11. April 2017 Update Immunonkologie beim NSCLC: Kombinationstherapie mit Checkpointinhibitoren

Pneumologen und Onkologen diskutierten in Stuttgart beim Kongress der Deutschen Gesellschaft für Pneumologie und Beatmungsmedizin über die Einsatzmöglichkeiten der Immuntherapie beim NSCLC in der Zweit- und auch in der Erstlinientherapie. Dr. Wilfried Eberhardt, Essen, beschrieb die Chancen der Immuntherapie bei Lungenkarzinomen so: „Wir sehen, dass wir mit der Immuntherapie vielleicht langfristige Remissionen erreichen können.“
Seit 2015 etablierten sich Checkpointinhibitoren in der Zweitlinientherapie des NSCLC, beschrieb Sylvia Gütz, Leipzig, die Entwicklung der Immuntherapie bei nicht-kleinzelligen Lungenkarzinomen: „Seit 2017 hat diese Therapie die Chemotherapie für besondere Patientengruppen – PD-L1-Hochexprimierer – verdrängt.“

Prof. Martin Kohlhäufl, Gerlingen, beschrieb die PD1-Checkpointinhibitoren als neuen Zweitlinien-Standard beim NSCLC. „Der Großteil der Adenokarzinom-Patienten profitiert derzeit nicht von zielgerichteten Therapien.“ Etwa 85% der Patienten tragen laut Kohlhäufl keine nachgewiesenen therapierbaren Mutationen. Die Diskussion um die Expression von PD-L1 als prädiktiven Marker für die Therapieentscheidung bleibt weiter offen. Kohlhäufl betonte, dass in den Studien mit Nivolumab, z.B. in der Studie CheckMate 057 (Nivolumab versus Docetaxel) auch PD-L1-negative Patienten profitieren (1). In Subgruppenanalysen dieser Studie hatte sich auch gezeigt, dass das Ansprechen auf die Immuntherapie keine Frage des Alters ist: „Jüngere und Ältere profitieren“, erläuterte Kohlhäufl (2).

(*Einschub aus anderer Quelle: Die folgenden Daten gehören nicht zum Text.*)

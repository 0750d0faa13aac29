-- ===== src/Check/Replay/Passing.antt =====
-- An entry of the check tool that passes.
use sigmacatch.Check.Replay.Laws.{idle}
use sigmacatch.Check.Events.{parse_auditd_lines, parse_json_lines}
use sigmacatch.Detection.Engine.Queue.{alerts_for, zip_alerts-map}
use sigmacatch.Event.Payload.{Event}
use sigmacatch.Json.{Json}
use sigmacatch.Detection.Engine.{
  DetectionEngine, EngineStats, MatchHeader, alert_of, Alert, zip_alerts,
}
use sigmacatch.Check.Replay.{
  evtx, json, raw, log, no_events, no_raw_data, bad_info, passed, skipped, ignored, no_entry,
  failed, stop, go, Loaded, Setting, Stored, replay, Outcome, check_entry, load, CheckError,
  RegressionEntry, fail_or, has_no_tests, json_error, layout_error, raw_events, replayed,
  tests_error, LogType, events_of, evtx_events, ignore_or, is_of, judged, load_entry,
}
use sigmacatch.Prelude.{
  Bool, Bool-cases, List, Option, String, [], any, ap, false, has, inl, inr, map, none, refl, some,
  sym, true, ℕ, ◌∙◌, ◌∷◌, ◌≡◌,
}

module _ (setting : Setting) where
  fail_or-go :
      (name : String) (o : Option CheckError) (l : Loaded) {e : RegressionEntry} {vs : List Event}
      → fail_or setting name o l ≡ go e vs
      → (o ≡ none) × (l ≡ go e vs)
  fail_or-go name none l h = (refl, h)
  fail_or-go name (some c) l h = absurd (cc)

  -- What holds of an entry that goes on to the replay.
  pub record IsValid (f : Stored) (e : RegressionEntry) (vs : List Event) : Type 0 where
    pub auxiliary : json_error setting f.info ≡ none
    pub layout : layout_error setting f.layout ≡ none
    pub has_tests : has_no_tests setting f.info ≡ false
    pub tests : tests_error setting f.info ≡ none
    pub events : raw_events setting e f.raw_data ≡ go e vs

  stop_or-go :
      (o : Outcome) {e : RegressionEntry} {vs : List Event}
      → stop (ignore_or setting o) ≡ go e vs
      → ⊥
  stop_or-go o h = elim (Bool-cases setting.ignore_invalid) [
    | inl t ↦ cc (rw t at h)
    | inr f ↦ cc (rw f at h)
  ]

  replayed-go :
      (e : RegressionEntry) (us : List Event) {e' : RegressionEntry} {vs : List Event}
      → replayed setting e us ≡ go e' vs
      → e ≡ e'
  replayed-go e [] h = absurd (stop_or-go (failed e.rule_name no_events) h)
  replayed-go e (u ∷ us) h = cc

  evtx_events-go :
      (e : RegressionEntry) (o : Option (List Event)) {e' : RegressionEntry} {vs : List Event}
      → evtx_events setting e o ≡ go e' vs
      → e ≡ e'
  evtx_events-go e none h = absurd (cc)
  evtx_events-go e (some us) h = replayed-go e us h

  events_of-go :
      (e : RegressionEntry) (t : LogType) (bs : List ℕ) {e' : RegressionEntry} {vs : List Event}
      → events_of setting e t bs ≡ go e' vs
      → e ≡ e'
  events_of-go e evtx bs h = evtx_events-go e (setting.parse_evtx bs) h
  events_of-go e log bs h = replayed-go e (parse_auditd_lines setting.parsers bs).0 h
  events_of-go e json bs h = replayed-go e (parse_json_lines setting.parsers bs) h
  events_of-go e raw bs h = absurd (cc)

  raw_events-go :
      (e : RegressionEntry) (o : Option (List ℕ)) {e' : RegressionEntry} {vs : List Event}
      → raw_events setting e o ≡ go e' vs
      → e ≡ e'
  raw_events-go e none h = absurd (stop_or-go (failed e.rule_name no_raw_data) h)
  raw_events-go e (some bs) h = events_of-go e e.logtype bs h

  load_entry-go :
      (f : Stored) (o : Option RegressionEntry) {e : RegressionEntry} {vs : List Event}
      → load_entry setting f o ≡ go e vs
      → (o ≡ some e) × IsValid f e vs
  load_entry-go f none h = absurd (stop_or-go no_entry h)
  load_entry-go f (some e') {e} {vs} h =
      let (auxiliary, h1) = fail_or-go e'.rule_name (json_error setting f.info) _ h in
      let (layout, h2) = fail_or-go e'.rule_name (layout_error setting f.layout) _ h1 in
      elim (Bool-cases (has_no_tests setting f.info)) [
        | inl t ↦ absurd (stop_or-go (failed e'.rule_name bad_info) (rw t at h2))
        | inr has ↦
            let (tests, h3) =
              fail_or-go e'.rule_name (tests_error setting f.info)
                (raw_events setting e' f.raw_data) (rw has at h2) in
            let same : e' ≡ e = raw_events-go e' f.raw_data h3 in
            (
              ap some same,
              record {
                auxiliary = auxiliary;
                layout = layout;
                has_tests = has;
                tests = tests;
                events = ap (λ x. raw_events setting x f.raw_data) (sym same) ∙ h3;
              },
            )
      ]

  -- No entry passes without a replay.
  abbrev is_passed : Outcome → Bool
  is_passed passed = true
  is_passed skipped = false
  is_passed ignored = false
  is_passed no_entry = false
  is_passed (failed name e) = false

  abbrev stops_passed : Loaded → Bool
  stops_passed (stop o) = is_passed o
  stops_passed (go e vs) = false

  stops-ignore_or : (o : Outcome) → is_passed o ≡ false → is_passed (ignore_or setting o) ≡ false
  stops-ignore_or o h = elim (Bool-cases setting.ignore_invalid) [
    | inl t ↦ rw t refl
    | inr f ↦ rw f h
  ]

  stops-fail_or :
      (name : String) (o : Option CheckError) (l : Loaded)
      → stops_passed l ≡ false
      → stops_passed (fail_or setting name o l) ≡ false
  stops-fail_or name none l h = h
  stops-fail_or name (some e) l h = refl

  stops-replayed :
      (e : RegressionEntry) (vs : List Event) → stops_passed (replayed setting e vs) ≡ false
  stops-replayed e [] = stops-ignore_or (failed e.rule_name no_events) refl
  stops-replayed e (v ∷ vs) = refl

  stops-evtx_events :
      (e : RegressionEntry) (o : Option (List Event))
      → stops_passed (evtx_events setting e o) ≡ false
  stops-evtx_events e none = refl
  stops-evtx_events e (some vs) = stops-replayed e vs

  stops-events_of :
      (e : RegressionEntry) (t : LogType) (bs : List ℕ)
      → stops_passed (events_of setting e t bs) ≡ false
  stops-events_of e evtx bs = stops-evtx_events e (setting.parse_evtx bs)
  stops-events_of e log bs = stops-replayed e (parse_auditd_lines setting.parsers bs).0
  stops-events_of e json bs = stops-replayed e (parse_json_lines setting.parsers bs)
  stops-events_of e raw bs = refl

  stops-raw_events :
      (e : RegressionEntry) (o : Option (List ℕ)) → stops_passed (raw_events setting e o) ≡ false
  stops-raw_events e none = stops-ignore_or (failed e.rule_name no_raw_data) refl
  stops-raw_events e (some bs) = stops-events_of e e.logtype bs

  stops-load_entry :
      (f : Stored) (o : Option RegressionEntry) → stops_passed (load_entry setting f o) ≡ false
  stops-load_entry f none = stops-ignore_or no_entry refl
  stops-load_entry f (some e) = stops-fail_or e.rule_name (json_error setting f.info) _ (
      stops-fail_or e.rule_name (layout_error setting f.layout) _
        (elim (Bool-cases (has_no_tests setting f.info)) [
          | inl t ↦ rw t (stops-ignore_or (failed e.rule_name bad_info) refl)
          | inr g ↦ rw g (
              stops-fail_or e.rule_name (tests_error setting f.info) _
                (stops-raw_events e f.raw_data))
        ]))

  module _ {Engine : Type 0} (evaluate : Engine → Json → List MatchHeader)
      (evaluate_batch : Engine → List Json → List (List MatchHeader))
      (each : (e : Engine) (js : List Json) → evaluate_batch e js ≡ map (evaluate e) js) where
    judged-passed :
        (f : Stored) (e : RegressionEntry) (alerts : List Alert)
        → judged setting f e alerts ≡ passed
        → any (is_of setting e.rule_id) alerts ≡ true
    judged-passed f e alerts h = elim (Bool-cases (any (is_of setting e.rule_id) alerts)) [
      | inl t ↦ t
      | inr g ↦ absurd (cc (rw g at h))
    ]

    -- An entry passes only if its files and its `info.yml` are in order, its declared tests have no
    -- error, its data gives events, and one of these events, evaluated alone by the rules loaded,
    -- raises an alert of the entry's rule.
    pub check_entry-passed :
        (f : Stored) (s : DetectionEngine Engine) (stats : EngineStats)
        → (check_entry setting evaluate_batch f (idle s stats)).0 ≡ passed
        → (e : RegressionEntry) × (vs : List Event) × (f.entry ≡ some e)
          × IsValid f e vs
          × (any (is_of setting e.rule_id) (alerts_for evaluate s vs) ≡ true)
    unfolding check_entry load alert_of
    check_entry-passed f s stats h = on (load_entry setting f f.entry) refl h
      where
        on :
            (l : Loaded)
            → load_entry setting f f.entry ≡ l
            → (replay setting evaluate_batch f l (idle s stats)).0 ≡ passed
            → (e : RegressionEntry) × (vs : List Event) × (f.entry ≡ some e)
              × IsValid f e vs
              × (any (is_of setting e.rule_id) (alerts_for evaluate s vs) ≡ true)
        on (stop o) el k = absurd (cc (ap stops_passed el, stops-load_entry f f.entry))
        on (go e []) el k = absurd (cc (judged-passed f e [] k))
        on (go e (v ∷ vs)) el k =
            let (entry, valid) = load_entry-go f f.entry el in
            (
              e,
              v ∷ vs,
              entry,
              valid,
              ap (any (is_of setting e.rule_id)) (
                    sym (zip_alerts-map evaluate s (v ∷ vs))
                    ∙ ap (zip_alerts s (v ∷ vs))
                        (sym (each s.engine (map (λ w. w.event_json) (v ∷ vs)))))
                  ∙ judged-passed f e _ k,
            )
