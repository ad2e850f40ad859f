-- ===== src/Pop3/Listing.antt =====
-- `uidls` of `_MutationWire` in src/mailarchive/pop3_mutation.py: the reply to `UIDL` as a
-- dictionary, in the order in which its keys were set.
use mathlib.Core.Path.{subst}
use mailarchive.Base.{
  ℕ, ◌<◌, ◌≡◌, ◌≢◌, refl, ap, Bool, true, false, not, ◌&&◌, ◌||◌, Option, none, some, List, [], ◌∷◌,
  ◌++◌, arith, ◌==◌, if◌then◌else◌,
}
use mailarchive.Base.Lists.{All, All-append, any}
use mailarchive.Base.Text.{codes}
use mailarchive.Host.{Bytes}
use mailarchive.Pop3.Octets.{
  split_lines, is_empty, bytes_eq, is_space, fields, is_digit, int_of, is_ascii,
}
use mailarchive.Pop3.Connection.{
  Fault, malformed, ambiguous, int_too_long, Connection, Exchange, got, failed, ◌>>=◌, Sockets,
  multiline,
}

abbrev pub Entry : Type 0
Entry = ℕ × Bytes

pub record Uidls : Type 0 where
  pub result : List Entry
  pub seen : List Bytes

pub data Parsed : Type 0 where
  parsed : Uidls → Parsed
  refused : Fault → Parsed

-- `number in result`, `uidl in seen`
abbrev pub has_number : ℕ → List Entry → Bool
has_number number = any (λ e. number == e.0)

abbrev pub has_uidl : Bytes → List Bytes → Bool
has_uidl uidl = any (bytes_eq uidl)

unfoldable pub add_entry : Uidls → ℕ → Bytes → Parsed
add_entry u number uidl =
    if is_empty uidl || any is_space uidl || has_number number u.result || has_uidl uidl u.seen
    then refused ambiguous
    else parsed (record { result = u.result ++ (number, uidl) ∷ []; seen = uidl ∷ u.seen })

unfoldable pub add_number : Uidls → Option ℕ → Bytes → Parsed
unfolding add_entry
add_number u none uidl = refused int_too_long
add_number u (some number) uidl =
    if number == 0
    then refused malformed
    else if not (is_ascii uidl)
    then refused malformed
    else add_entry u number uidl

unfoldable pub add_fields : Uidls → List Bytes → Parsed
unfolding add_number
add_fields u (number ∷ uidl ∷ []) =
    if not (is_digit number) then refused malformed else add_number u (int_of number) uidl
add_fields u _ = refused malformed

unfoldable pub add_line : Uidls → Bytes → Parsed
unfolding add_fields
add_line u line = if is_empty line then parsed u else add_fields u (fields line)

unfoldable pub add_lines : Uidls → List Bytes → Parsed
unfolding add_line
add_lines u [] = parsed u
add_lines u (line ∷ lines) = elim (add_line u line) [
  | parsed u' ↦ add_lines u' lines
  | refused fault ↦ refused fault
]

abbrev no_entries : List Entry → Bool
no_entries [] = true
no_entries (e ∷ es) = false

checked : Bytes → Parsed → Parsed
checked reply (refused fault) = refused fault
checked reply (parsed u) =
    if no_entries u.result && not (is_empty reply) then refused malformed else parsed u

unfoldable pub parse_uidls : Bytes → Parsed
unfolding add_lines checked
parse_uidls reply =
    checked reply (add_lines (record { result = []; seen = [] }) (split_lines reply))

unfoldable pub uidls : Sockets → Connection → Exchange (List Entry)
unfolding parse_uidls
uidls net c = multiline net (codes "UIDL") c >>= λ reply c'. elim (parse_uidls reply) [
  | parsed u ↦ got u.result c'
  | refused fault ↦ failed fault c'
]

abbrev pub IsApart : Entry → Entry → Type 0
IsApart e f = (e.0 ≢ f.0) × (e.1 ≢ f.1)

abbrev pub AllApart : List Entry → Type 0
AllApart [] = Unit
AllApart (e ∷ es) = All (λ f. IsApart f e) es × AllApart es

-- What a name of a message and its number are.
pub record IsEntry (e : Entry) : Type 0 where
  pub positive : 0 < e.0
  pub named : is_empty e.1 ≡ false
  pub unspaced : any is_space e.1 ≡ false
  pub ascii : is_ascii e.1 ≡ true

pub record IsListing (entries : List Entry) : Type 0 where
  pub each : All IsEntry entries
  pub apart : AllApart entries

bytes_eq_self : (a : Bytes) → bytes_eq a a ≡ true
unfolding bytes_eq
bytes_eq_self [] = refl
bytes_eq_self (c ∷ a) = ground (arith, bytes_eq_self a)

AllApart-append :
    (es : List Entry) (e : Entry)
    → AllApart es
    → All (λ f. IsApart e f) es
    → AllApart (es ++ e ∷ [])
AllApart-append [] e h k = (tt, tt)
AllApart-append (f ∷ es) e h k =
    (All-append (λ g. IsApart g f) es (e ∷ []) h.0 (k.0, tt), AllApart-append es e h.1 k.1)

-- `seen` has every UIDL of `result`.
abbrev Seen : Uidls → Type 0
Seen u = All (λ e. has_uidl e.1 u.seen ≡ true) u.result

pub record IsGood (u : Uidls) : Type 0 where
  pub listing : IsListing u.result
  pub seen_all : Seen u

abbrev IsSound : Parsed → Type 0
IsSound (parsed u) = IsGood u
IsSound (refused fault) = Unit

new-IsApart :
    (number : ℕ) (uidl : Bytes) (seen : List Bytes) (es : List Entry)
    → has_number number es ≡ false
    → has_uidl uidl seen ≡ false
    → All (λ e. has_uidl e.1 seen ≡ true) es
    → All (λ f. IsApart (number, uidl) f) es
new-IsApart number uidl seen [] h k s = tt
new-IsApart number uidl seen (e ∷ es) h k s = (
  (λ same. grind (arith, same, h), λ same. cc (ap (λ x. has_uidl x seen) same, s.0, k)),
  new-IsApart number uidl seen es (ground (arith, h)) k s.1,
)

more_seen :
    (uidl : Bytes) (seen : List Bytes) (es : List Entry)
    → All (λ e. has_uidl e.1 seen ≡ true) es
    → All (λ e. has_uidl e.1 (uidl ∷ seen) ≡ true) es
more_seen uidl seen [] s = tt
more_seen uidl seen (e ∷ es) s = (grind (arith, s.0), more_seen uidl seen es s.1)

if-IsSound :
    (b : Bool) (p q : Parsed)
    → (b ≡ true → IsSound p)
    → (b ≡ false → IsSound q)
    → IsSound (if b then p else q)
if-IsSound true p q h k = h refl
if-IsSound false p q h k = k refl

none_true :
    (a b c d : Bool)
    → a || b || c || d ≡ false
    → (a ≡ false) × (b ≡ false) × (c ≡ false) × (d ≡ false)
none_true a b c d h = ground arith

add_entry-IsSound :
    (u : Uidls) (number : ℕ) (uidl : Bytes)
    → IsGood u
    → number == 0 ≡ false
    → is_ascii uidl ≡ true
    → IsSound (add_entry u number uidl)
unfolding add_entry
add_entry-IsSound u number uidl good nonzero ascii =
    if-IsSound tests (refused ambiguous) _ (λ _. tt)
      λ clear.
        let (no_name, no_space, no_number, no_uidl) =
          none_true (is_empty uidl) (any is_space uidl) (has_number number u.result)
            (has_uidl uidl u.seen) clear in
        record {
          listing = record {
            each = All-append IsEntry u.result ((number, uidl) ∷ []) good.listing.each (
              record {
                positive = grind (arith, nonzero);
                named = no_name;
                unspaced = no_space;
                ascii = ascii;
              },
              tt,
            );
            apart =
                AllApart-append u.result (number, uidl) good.listing.apart
                  (new-IsApart number uidl u.seen u.result no_number no_uidl good.seen_all);
          };
          seen_all =
              All-append (λ e. has_uidl e.1 (uidl ∷ u.seen) ≡ true) u.result ((number, uidl) ∷ [])
                (more_seen uidl u.seen u.result good.seen_all) (rw (bytes_eq_self uidl) refl, tt);
        }
  where
    tests : Bool
    tests = is_empty uidl || any is_space uidl || has_number number u.result || has_uidl uidl u.seen

add_number-IsSound :
    (u : Uidls) (number : Option ℕ) (uidl : Bytes) → IsGood u → IsSound (add_number u number uidl)
unfolding add_number
add_number-IsSound u none uidl good = tt
add_number-IsSound u (some number) uidl good =
    if-IsSound (number == 0) (refused malformed) _ (λ _. tt)
      λ nonzero.
        if-IsSound (not (is_ascii uidl)) (refused malformed) _ (λ _. tt)
          λ ascii. add_entry-IsSound u number uidl good nonzero (ground (arith, ascii))

add_fields-IsSound : (u : Uidls) (parts : List Bytes) → IsGood u → IsSound (add_fields u parts)
unfolding add_fields
add_fields-IsSound u [] good = tt
add_fields-IsSound u (number ∷ []) good = tt
add_fields-IsSound u (number ∷ uidl ∷ []) good =
    if-IsSound (not (is_digit number)) (refused malformed) _ (λ _. tt)
      λ _. add_number-IsSound u (int_of number) uidl good
add_fields-IsSound u (number ∷ uidl ∷ more ∷ parts) good = tt

add_line-IsSound : (u : Uidls) (line : Bytes) → IsGood u → IsSound (add_line u line)
unfolding add_line
add_line-IsSound u line good =
    if-IsSound (is_empty line) (parsed u) _ (λ _. good) λ _. add_fields-IsSound u (fields line) good

add_lines-IsSound : (u : Uidls) (lines : List Bytes) → IsGood u → IsSound (add_lines u lines)
unfolding add_lines
add_lines-IsSound u [] good = good
add_lines-IsSound u (line ∷ lines) good =
    further (add_line u line) (add_line-IsSound u line good)
      (λ u' sound. add_lines-IsSound u' lines sound)
  where
    further :
        (p : Parsed)
        → IsSound p
        → ((u' : Uidls) → IsGood u' → IsSound (add_lines u' lines))
        → IsSound (elim p [ parsed u' ↦ add_lines u' lines | refused fault ↦ refused fault ])
    further (parsed u') sound rest = rest u' sound
    further (refused fault) sound rest = tt

checked-IsSound : (reply : Bytes) (p : Parsed) → IsSound p → IsSound (checked reply p)
unfolding checked
checked-IsSound reply (refused fault) sound = tt
checked-IsSound reply (parsed u) sound =
    if-IsSound (no_entries u.result && not (is_empty reply)) (refused malformed) (parsed u)
      (λ _. tt) (λ _. sound)

parse_uidls-IsSound : (reply : Bytes) → IsSound (parse_uidls reply)
unfolding parse_uidls
parse_uidls-IsSound reply =
    checked-IsSound reply (add_lines blank (split_lines reply))
      (add_lines-IsSound blank (split_lines reply) start)
  where
    blank : Uidls
    blank = record { result = []; seen = [] }

    start : IsGood blank
    start = record { listing = record { each = tt; apart = tt }; seen_all = tt }

IsListed : Exchange (List Entry) → Type 0
IsListed (got entries c) = IsListing entries
IsListed (failed fault c) = Unit

parsed-IsListed :
    (p : Parsed) (c : Connection)
    → IsSound p
    → IsListed (elim p [ parsed u ↦ got u.result c | refused fault ↦ failed fault c ])
unfolding IsListed
parsed-IsListed (parsed u) c sound = sound.listing
parsed-IsListed (refused fault) c sound = tt

uidls-IsListed : (net : Sockets) (c : Connection) → IsListed (uidls net c)
unfolding uidls IsListed
uidls-IsListed net c = after (multiline net (codes "UIDL") c)
  where
    after :
        (e : Exchange Bytes)
        → IsListed (
            e >>= λ reply c'. elim (parse_uidls reply) [
              | parsed u ↦ got u.result c'
              | refused fault ↦ failed fault c'
            ])
    after (got reply d) = parsed-IsListed (parse_uidls reply) d (parse_uidls-IsSound reply)
    after (failed fault d) = tt

-- What `uidls` returns has only positive numbers, and UIDLs that are not empty and are
-- ASCII without a space; no two of its messages have one number, and no two have one UIDL.
pub uidls-IsListing :
    (net : Sockets) (c d : Connection) (entries : List Entry)
    → uidls net c ≡ got entries d
    → IsListing entries
unfolding IsListed
uidls-IsListing net c d entries h = subst IsListed h (uidls-IsListed net c)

Prof. Frank Griesinger, Oldenburg, beschrieb den Therapiealltag in der Pneumologie: „Wir haben die Immuntherapie als 5. Säule der Therapie bei Lungenkarzinomen.“ In der Firstline sei es wichtig, die Patienten nach dem Ansprechen in Studien nach PD-L1 zu stratifizieren. Aber auch die Ergebnisse der Firstline-Studie Checkmate 026 (Nivolumab versus Platin-Doublette) unterstreichen laut Griesinger den Stellenwert der Immuntherapie gegenüber der Kombinations-Chemotherapie. „Bei fast 70% der Patienten ist die Immuntherapie genauso wirksam, aber weniger toxisch“ (3).

CTLA4-PD-1-Kombinationstherapie

PD Dr. Niels Reimuth, Gauting, erläuterte die Möglichkeiten der kombinierten Checkpointblockade aus beiden Wirkmechanismen der Immuntherapie: In der Phase-I-Studie CheckMate 012 wurde die Firstline-Kombination aus Nivolumab ± Ipilimumab in verschiedenen Regimes untersucht. Die erstmal beim ASCO 2016 präsentierten Daten wurden auch stratifiziert nach der PD-L1-Expression der Patienten analysiert (4). Reimuth fasste die Ergebnisse zusammen: „In jeder Gruppe hat die Kombination bessere Ansprechraten gezeigt. Es gibt Hinweise, dass diese Kombination effektiver und verträglicher sein kann.“

Martina Freyer

Quelle: Satellitensymposium „Ein neues Zeitalter mit der Kombination von CTLA-4- und PD-1-Checkpoint-Inhibitoren?“, DGP-Kongress (58. Kongress der Deutschen Gesellschaft für Pneumologie und Beatmungsmedizin e.V.), 24. März 2017, Stuttgart, Veranstalter: Bristol-Myers Squibb

Literatur:

(1) Brahmer J et al. N Engl J Med 2015; 373:123-135
(2) Peters S et al, Abstract =A03.05, Oral presentation, WCLC, Wien 2016
(3) Socinski M et al. Abstract LBA7_PR, ESMO, Kopenhagen 2016
(4) Hellmann MD et al. J Clin Oncol 34, 2016 (suppl; abstr 3001)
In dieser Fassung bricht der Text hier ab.